» What is expected:
Your answer should be only the lines below from the one with "pub buffer : h.napi.get_buffer_info" to the one with "s.next ≡ some (native database))", repeated exactly, ends included.

» Data records:
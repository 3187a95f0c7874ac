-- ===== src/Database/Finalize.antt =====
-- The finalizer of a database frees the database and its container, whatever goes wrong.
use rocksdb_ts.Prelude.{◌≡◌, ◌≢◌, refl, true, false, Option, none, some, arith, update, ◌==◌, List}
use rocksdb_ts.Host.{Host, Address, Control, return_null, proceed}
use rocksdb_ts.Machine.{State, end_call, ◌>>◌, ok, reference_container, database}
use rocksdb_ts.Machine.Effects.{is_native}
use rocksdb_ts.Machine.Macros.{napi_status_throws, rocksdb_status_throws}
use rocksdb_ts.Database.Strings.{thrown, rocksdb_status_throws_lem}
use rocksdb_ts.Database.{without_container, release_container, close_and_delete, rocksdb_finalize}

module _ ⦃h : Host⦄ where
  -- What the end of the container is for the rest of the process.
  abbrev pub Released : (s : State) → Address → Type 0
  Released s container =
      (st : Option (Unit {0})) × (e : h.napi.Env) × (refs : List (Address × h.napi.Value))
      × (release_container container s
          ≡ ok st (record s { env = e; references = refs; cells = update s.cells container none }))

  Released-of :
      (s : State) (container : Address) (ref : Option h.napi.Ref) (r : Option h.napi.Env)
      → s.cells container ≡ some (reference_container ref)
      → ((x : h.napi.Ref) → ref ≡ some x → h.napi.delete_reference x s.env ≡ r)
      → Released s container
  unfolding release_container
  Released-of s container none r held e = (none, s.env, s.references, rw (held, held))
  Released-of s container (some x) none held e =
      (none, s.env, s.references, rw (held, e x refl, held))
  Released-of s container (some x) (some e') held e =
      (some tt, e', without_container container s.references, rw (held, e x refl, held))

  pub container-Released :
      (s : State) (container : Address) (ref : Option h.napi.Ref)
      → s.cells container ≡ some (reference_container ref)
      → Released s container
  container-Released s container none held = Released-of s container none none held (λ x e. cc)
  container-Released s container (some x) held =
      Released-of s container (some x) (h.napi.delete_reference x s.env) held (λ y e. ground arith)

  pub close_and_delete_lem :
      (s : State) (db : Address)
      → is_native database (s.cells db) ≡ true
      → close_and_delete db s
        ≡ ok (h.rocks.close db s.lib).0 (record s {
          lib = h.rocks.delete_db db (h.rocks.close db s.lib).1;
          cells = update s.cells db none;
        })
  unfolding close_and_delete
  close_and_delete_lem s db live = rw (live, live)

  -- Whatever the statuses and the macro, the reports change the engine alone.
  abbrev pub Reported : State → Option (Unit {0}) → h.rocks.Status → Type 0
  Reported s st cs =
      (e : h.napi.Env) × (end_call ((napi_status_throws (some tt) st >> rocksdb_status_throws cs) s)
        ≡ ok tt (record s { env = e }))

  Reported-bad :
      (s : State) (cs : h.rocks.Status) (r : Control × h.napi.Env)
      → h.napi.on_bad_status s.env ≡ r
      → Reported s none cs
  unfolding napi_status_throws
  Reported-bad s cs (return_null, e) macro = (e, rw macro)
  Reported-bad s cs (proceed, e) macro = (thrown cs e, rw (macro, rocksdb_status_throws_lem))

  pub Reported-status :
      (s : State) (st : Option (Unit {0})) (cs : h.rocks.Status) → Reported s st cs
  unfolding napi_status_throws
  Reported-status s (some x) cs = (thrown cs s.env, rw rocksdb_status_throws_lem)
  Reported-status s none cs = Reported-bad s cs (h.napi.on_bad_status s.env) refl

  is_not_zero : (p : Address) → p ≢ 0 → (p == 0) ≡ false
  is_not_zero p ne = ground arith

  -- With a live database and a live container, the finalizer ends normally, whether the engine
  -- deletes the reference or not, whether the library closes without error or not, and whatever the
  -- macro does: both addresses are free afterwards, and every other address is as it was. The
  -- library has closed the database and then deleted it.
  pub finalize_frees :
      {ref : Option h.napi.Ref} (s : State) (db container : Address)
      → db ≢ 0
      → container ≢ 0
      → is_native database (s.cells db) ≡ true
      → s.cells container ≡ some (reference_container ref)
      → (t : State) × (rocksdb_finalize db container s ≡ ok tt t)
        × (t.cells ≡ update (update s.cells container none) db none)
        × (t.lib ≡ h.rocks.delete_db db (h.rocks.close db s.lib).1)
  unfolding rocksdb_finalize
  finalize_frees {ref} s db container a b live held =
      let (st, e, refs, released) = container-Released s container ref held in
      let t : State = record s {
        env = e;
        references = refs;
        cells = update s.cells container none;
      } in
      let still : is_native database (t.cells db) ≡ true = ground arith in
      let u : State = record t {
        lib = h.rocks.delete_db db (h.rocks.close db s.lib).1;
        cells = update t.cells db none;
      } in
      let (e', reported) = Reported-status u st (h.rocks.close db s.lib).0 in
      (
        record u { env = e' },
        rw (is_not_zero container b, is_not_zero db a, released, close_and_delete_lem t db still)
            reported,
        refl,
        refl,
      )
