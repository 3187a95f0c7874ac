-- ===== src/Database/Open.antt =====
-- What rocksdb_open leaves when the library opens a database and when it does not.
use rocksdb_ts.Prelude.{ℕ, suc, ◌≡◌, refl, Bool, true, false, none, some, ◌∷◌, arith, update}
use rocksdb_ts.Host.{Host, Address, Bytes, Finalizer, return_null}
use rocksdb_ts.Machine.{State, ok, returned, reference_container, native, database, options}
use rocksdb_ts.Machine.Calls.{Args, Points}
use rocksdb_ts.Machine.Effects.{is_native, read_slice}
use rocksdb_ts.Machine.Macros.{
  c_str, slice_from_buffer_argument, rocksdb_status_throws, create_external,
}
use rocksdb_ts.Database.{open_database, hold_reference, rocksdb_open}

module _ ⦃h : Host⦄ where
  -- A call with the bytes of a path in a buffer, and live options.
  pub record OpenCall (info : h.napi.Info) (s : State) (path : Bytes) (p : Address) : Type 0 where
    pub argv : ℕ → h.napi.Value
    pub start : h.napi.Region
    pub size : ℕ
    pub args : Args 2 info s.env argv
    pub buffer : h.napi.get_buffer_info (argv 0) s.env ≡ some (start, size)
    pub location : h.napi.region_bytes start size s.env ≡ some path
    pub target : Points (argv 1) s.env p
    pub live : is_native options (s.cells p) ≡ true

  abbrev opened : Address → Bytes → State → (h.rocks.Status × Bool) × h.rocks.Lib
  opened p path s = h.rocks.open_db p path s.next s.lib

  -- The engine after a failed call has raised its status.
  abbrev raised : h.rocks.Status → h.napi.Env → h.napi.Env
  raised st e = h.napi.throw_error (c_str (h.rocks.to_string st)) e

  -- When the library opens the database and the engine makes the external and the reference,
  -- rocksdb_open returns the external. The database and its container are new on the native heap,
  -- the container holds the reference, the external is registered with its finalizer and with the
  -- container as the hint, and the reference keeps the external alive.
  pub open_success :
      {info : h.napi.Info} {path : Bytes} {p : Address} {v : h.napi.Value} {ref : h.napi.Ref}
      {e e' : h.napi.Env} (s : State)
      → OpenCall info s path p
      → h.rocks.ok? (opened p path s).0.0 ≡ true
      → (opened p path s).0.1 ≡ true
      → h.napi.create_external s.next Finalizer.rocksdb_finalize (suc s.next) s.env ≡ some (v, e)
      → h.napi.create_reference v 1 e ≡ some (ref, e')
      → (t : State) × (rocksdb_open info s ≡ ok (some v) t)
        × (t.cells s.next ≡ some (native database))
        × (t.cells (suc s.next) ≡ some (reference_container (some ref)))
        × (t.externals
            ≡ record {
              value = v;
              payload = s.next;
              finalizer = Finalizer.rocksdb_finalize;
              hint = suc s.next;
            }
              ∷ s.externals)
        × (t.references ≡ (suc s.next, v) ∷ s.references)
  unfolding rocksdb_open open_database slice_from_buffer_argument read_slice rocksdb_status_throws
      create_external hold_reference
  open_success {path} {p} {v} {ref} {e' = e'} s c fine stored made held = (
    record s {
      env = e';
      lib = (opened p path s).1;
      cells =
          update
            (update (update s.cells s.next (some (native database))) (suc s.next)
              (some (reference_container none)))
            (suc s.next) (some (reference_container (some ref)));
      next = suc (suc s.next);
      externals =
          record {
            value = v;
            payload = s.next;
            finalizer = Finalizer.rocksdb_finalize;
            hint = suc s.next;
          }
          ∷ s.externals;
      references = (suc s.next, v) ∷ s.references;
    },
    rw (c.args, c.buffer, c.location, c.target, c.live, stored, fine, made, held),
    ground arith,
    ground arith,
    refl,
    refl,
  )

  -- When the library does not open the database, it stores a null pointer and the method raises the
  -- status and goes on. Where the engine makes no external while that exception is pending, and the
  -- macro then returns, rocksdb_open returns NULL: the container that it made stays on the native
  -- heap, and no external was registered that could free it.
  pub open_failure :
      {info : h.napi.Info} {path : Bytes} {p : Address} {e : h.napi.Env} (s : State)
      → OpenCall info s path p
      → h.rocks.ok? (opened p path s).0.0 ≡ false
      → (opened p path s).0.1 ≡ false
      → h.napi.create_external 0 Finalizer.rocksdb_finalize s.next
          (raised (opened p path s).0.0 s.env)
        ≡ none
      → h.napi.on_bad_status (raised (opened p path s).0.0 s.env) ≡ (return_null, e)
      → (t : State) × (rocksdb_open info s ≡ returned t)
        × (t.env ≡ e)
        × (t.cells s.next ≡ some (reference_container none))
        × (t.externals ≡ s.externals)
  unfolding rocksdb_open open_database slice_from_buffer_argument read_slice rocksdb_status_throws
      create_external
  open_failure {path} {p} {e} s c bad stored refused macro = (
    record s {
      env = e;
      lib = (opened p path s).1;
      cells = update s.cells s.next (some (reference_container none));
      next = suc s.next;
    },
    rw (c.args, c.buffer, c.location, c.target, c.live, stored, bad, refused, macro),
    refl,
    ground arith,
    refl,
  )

---

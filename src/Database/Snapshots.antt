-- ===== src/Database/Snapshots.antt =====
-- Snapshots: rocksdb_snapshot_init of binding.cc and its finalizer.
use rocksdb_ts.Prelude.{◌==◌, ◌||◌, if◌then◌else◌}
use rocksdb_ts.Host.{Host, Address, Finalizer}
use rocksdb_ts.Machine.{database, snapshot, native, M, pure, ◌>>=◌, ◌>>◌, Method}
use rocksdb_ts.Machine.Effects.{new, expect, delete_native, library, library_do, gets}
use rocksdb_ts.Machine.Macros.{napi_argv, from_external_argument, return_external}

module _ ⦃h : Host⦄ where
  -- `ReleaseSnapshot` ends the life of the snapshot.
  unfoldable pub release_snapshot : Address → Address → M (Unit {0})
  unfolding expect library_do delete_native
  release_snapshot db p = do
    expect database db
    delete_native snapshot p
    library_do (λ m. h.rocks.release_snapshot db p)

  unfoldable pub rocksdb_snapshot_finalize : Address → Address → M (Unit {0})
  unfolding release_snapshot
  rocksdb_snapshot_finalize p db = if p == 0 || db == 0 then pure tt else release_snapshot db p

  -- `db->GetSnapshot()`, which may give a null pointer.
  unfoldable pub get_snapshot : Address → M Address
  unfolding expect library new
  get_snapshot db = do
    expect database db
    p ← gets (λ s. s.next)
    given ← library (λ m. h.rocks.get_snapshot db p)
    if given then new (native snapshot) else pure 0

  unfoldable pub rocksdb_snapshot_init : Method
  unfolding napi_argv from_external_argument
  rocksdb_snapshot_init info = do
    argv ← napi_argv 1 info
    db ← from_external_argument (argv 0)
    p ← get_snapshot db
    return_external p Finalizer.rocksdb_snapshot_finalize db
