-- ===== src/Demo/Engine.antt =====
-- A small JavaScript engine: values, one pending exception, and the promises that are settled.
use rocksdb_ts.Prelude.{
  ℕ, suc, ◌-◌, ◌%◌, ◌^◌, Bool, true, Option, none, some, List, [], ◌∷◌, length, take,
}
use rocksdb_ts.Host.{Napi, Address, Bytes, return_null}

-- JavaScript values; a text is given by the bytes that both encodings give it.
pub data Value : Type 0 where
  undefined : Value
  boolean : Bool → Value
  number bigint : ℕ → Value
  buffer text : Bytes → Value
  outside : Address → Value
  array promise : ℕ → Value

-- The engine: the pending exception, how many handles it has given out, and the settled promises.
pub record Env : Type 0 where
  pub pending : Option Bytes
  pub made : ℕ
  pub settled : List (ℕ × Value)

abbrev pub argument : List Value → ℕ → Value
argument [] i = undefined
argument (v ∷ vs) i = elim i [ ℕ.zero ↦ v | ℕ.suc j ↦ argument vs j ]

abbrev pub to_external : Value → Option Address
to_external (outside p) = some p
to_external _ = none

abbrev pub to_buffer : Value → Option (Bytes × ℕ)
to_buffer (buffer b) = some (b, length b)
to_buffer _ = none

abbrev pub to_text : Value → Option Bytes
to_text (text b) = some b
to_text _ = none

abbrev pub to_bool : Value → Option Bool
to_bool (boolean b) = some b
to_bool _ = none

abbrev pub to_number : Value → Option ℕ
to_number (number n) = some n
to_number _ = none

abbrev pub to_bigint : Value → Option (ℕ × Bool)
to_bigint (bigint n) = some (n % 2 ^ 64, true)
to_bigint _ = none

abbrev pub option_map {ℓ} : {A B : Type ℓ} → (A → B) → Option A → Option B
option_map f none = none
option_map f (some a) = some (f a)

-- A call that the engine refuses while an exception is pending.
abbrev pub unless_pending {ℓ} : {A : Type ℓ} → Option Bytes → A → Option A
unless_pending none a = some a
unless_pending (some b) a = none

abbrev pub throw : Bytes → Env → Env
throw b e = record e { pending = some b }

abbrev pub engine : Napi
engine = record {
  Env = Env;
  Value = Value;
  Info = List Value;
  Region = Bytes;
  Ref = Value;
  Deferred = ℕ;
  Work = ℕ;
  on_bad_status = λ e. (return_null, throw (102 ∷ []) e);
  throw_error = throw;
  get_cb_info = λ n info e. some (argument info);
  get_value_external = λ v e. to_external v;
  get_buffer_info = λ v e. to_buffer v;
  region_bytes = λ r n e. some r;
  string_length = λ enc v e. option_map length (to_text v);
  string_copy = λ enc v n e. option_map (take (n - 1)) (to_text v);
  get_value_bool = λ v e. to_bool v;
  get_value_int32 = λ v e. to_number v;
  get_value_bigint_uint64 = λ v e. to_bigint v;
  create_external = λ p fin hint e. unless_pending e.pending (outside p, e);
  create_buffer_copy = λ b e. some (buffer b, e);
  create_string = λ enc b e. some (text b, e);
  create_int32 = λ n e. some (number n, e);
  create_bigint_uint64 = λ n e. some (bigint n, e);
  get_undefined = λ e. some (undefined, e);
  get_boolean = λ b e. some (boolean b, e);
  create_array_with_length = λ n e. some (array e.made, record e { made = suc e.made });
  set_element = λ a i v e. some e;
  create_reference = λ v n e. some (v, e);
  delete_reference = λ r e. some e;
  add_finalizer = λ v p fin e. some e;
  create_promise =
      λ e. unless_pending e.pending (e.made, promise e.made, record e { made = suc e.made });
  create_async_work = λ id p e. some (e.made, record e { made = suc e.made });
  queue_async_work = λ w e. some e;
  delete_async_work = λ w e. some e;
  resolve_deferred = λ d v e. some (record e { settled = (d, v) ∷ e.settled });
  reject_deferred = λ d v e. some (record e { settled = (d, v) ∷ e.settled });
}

» Solved exercise:
    pub buffer : h.napi.get_buffer_info (argv 0) s.env ≡ some (start, size)
    pub location : h.napi.region_bytes start size s.env ≡ some path
    pub target : Points (argv 1) s.env p
    pub live : is_native options (s.cells p) ≡ true

  abbrev opened : Address → Bytes → State → (h.rocks.Status × Bool) × h.rocks.Lib
  opened p path s = h.rocks.open_db p path s.next s.lib

  -- The engine after a failed call has raised its status.
  abbrev raised : h.rocks.Status → h.napi.Env → h.napi.Env
  raised st e = h.napi.throw_error (c_str (h.rocks.to_string st)) e

  -- When the library opens the database and the engine makes the external and the reference,
  -- rocksdb_open returns the external. The database and its container are new on the native heap,
  -- the container holds the reference, the external is registered with its finalizer and with the
  -- container as the hint, and the reference keeps the external alive.
  pub open_success :
      {info : h.napi.Info} {path : Bytes} {p : Address} {v : h.napi.Value} {ref : h.napi.Ref}
      {e e' : h.napi.Env} (s : State)
      → OpenCall info s path p
      → h.rocks.ok? (opened p path s).0.0 ≡ true
      → (opened p path s).0.1 ≡ true
      → h.napi.create_external s.next Finalizer.rocksdb_finalize (suc s.next) s.env ≡ some (v, e)
      → h.napi.create_reference v 1 e ≡ some (ref, e')
      → (t : State) × (rocksdb_open info s ≡ ok (some v) t)
        × (t.cells s.next ≡ some (native database))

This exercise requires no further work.